(Exercise objective) Please copy out the entries below exactly, beginning with the line that contains "(fd : ℤ) (session" and ending with the line that contains "(c : Option", and include nothing outside that span.

(Stored data entries)
#####

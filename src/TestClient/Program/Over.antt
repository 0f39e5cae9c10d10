-- ===== src/TestClient/Program/Over.antt =====
-- src/test-client.c, `main`: the end of the handshake and the label `cleanup`.
use wlr_remote.Base.{
  ap, ◌∙◌, ◌∷◌, ℕ, ◌≡◌, sym, arith, ◌⊎◌, inl, inr, true, Option, none, some, [], replicate,
  if◌then◌else◌, ℤ, pos,
}
use wlr_remote.System.Types.{Session}
use wlr_remote.System.Event.{Trace, dtls_free_context}
use wlr_remote.System.Objects.{contexts, lists}
use wlr_remote.System.Descriptors.{live}
use wlr_remote.Setup.{exit_failure}
use wlr_remote.Main.Cleanup.{exit_success}
use wlr_remote.TestClient.Types.{Vars, ClientEnv, iterations}
use wlr_remote.TestClient.Callbacks.Calm.{
  writes, was_connected, dtls_proceeds-calm, dtls_proceeds-IsCurrent, dtls_proceeds-connected,
}
use wlr_remote.TestClient.Program.{client_bytes, cleanup, send_packets, after_handshake}
use wlr_remote.TestClient.Program.Open.{IsOpen, send_packets-IsOpen, send_packets-connected}

module _ (env : ClientEnv) (n : ℕ) where
  -- The descriptor `pos n` is closed, the context and the lists of addresses are freed; the status
  -- says whether tinydtls reported the connection; and either no packet was written, or all were
  -- and the status is that of success.
  pub record IsOver (status : ℕ) (t : Trace) : Type 0 where
    pub closed : live (pos n) t ≡ 0
    pub freed : contexts t ≡ 0
    pub lists_freed : lists t ≡ 0
    pub reported : status ≡ (if was_connected env.base t then exit_success else exit_failure)
    pub sent :
        (writes t ≡ [])
        ⊎ ((writes t ≡ replicate iterations (client_bytes env)) × (status ≡ exit_success))

  -- The same of a run, where it returns.
  abbrev pub EndsWell : Option ℕ × Trace → Type 0
  EndsWell (none, t) = Unit
  EndsWell (some status, t) = IsOver status t

  pub cleanup-none :
      (fd : ℤ) (vars : Vars) (t : Trace)
      → IsOpen env n fd 0 vars t
      → let (status, t') = cleanup env fd vars t in IsOver status t'
  unfolding cleanup
  cleanup-none fd vars t h =
      let u = dtls_free_context ∷ t in
      let same = dtls_proceeds-calm env n fd vars u in
      record {
        closed = omega (arith, ap (λ v. v.0) same, h.socket_open);
        freed = ap (λ v. v.1) same ∙ omega (arith, h.context_open);
        lists_freed = ap (λ v. v.3) same ∙ h.lists_freed;
        reported = ground (arith, dtls_proceeds-IsCurrent env fd vars u h.current);
        sent = inl (ap (λ v. v.2) same ∙ h.written);
      }

  cleanup-all :
      (fd : ℤ) (vars : Vars) (t : Trace)
      → IsOpen env n fd iterations vars t
      → vars.is_connected ≡ true
      → let (status, t') = cleanup env fd vars t in IsOver status t'
  unfolding cleanup
  cleanup-all fd vars t h connected =
      let u = dtls_free_context ∷ t in
      let same = dtls_proceeds-calm env n fd vars u in
      record {
        closed = omega (arith, ap (λ v. v.0) same, h.socket_open);
        freed = ap (λ v. v.1) same ∙ omega (arith, h.context_open);
        lists_freed = ap (λ v. v.3) same ∙ h.lists_freed;
        reported = ground (arith, dtls_proceeds-IsCurrent env fd vars u h.current);
        sent = inr (
          ap (λ v. v.2) same ∙ h.written,
          ground (arith, dtls_proceeds-connected env fd vars u connected),
        );
      }

  pub after_handshake-EndsWell :
      (fd : ℤ) (session : Session) (vars : Vars) (t : Trace)
      → IsOpen env n fd 0 vars t
      → EndsWell (after_handshake env fd session (some vars) t)
  unfolding after_handshake
  after_handshake-EndsWell fd session vars t h =
      let (vars', u) = send_packets env iterations 0 fd session vars t in
      ground (
        arith,
        cleanup-all fd vars' u (send_packets-IsOpen env n fd iterations 0 0 session vars t h),
        send_packets-connected env n fd iterations 0 session vars t,
        cleanup-none fd vars t h,
      )

  pub EndsWell-IsOver :
      (c : Option ℕ × Trace) (status : ℕ) → EndsWell c → c.0 ≡ some status → IsOver status c.1
  EndsWell-IsOver (none, t) status h e = cc
  EndsWell-IsOver (some result, t) status h e = let same : result ≡ status = cc in rw (sym same) h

#####

(Response)
      (fd : ℤ) (session : Session) (vars : Vars) (t : Trace)
      → IsOpen env n fd 0 vars t
      → EndsWell (after_handshake env fd session (some vars) t)
  unfolding after_handshake
  after_handshake-EndsWell fd session vars t h =
      let (vars', u) = send_packets env iterations 0 fd session vars t in
      ground (
        arith,
        cleanup-all fd vars' u (send_packets-IsOpen env n fd iterations 0 0 session vars t h),
        send_packets-connected env n fd iterations 0 session vars t,
        cleanup-none fd vars t h,
      )

  pub EndsWell-IsOver :
      (c : Option ℕ × Trace) (status : ℕ) → EndsWell c → c.0 ≡ some status → IsOver status c.1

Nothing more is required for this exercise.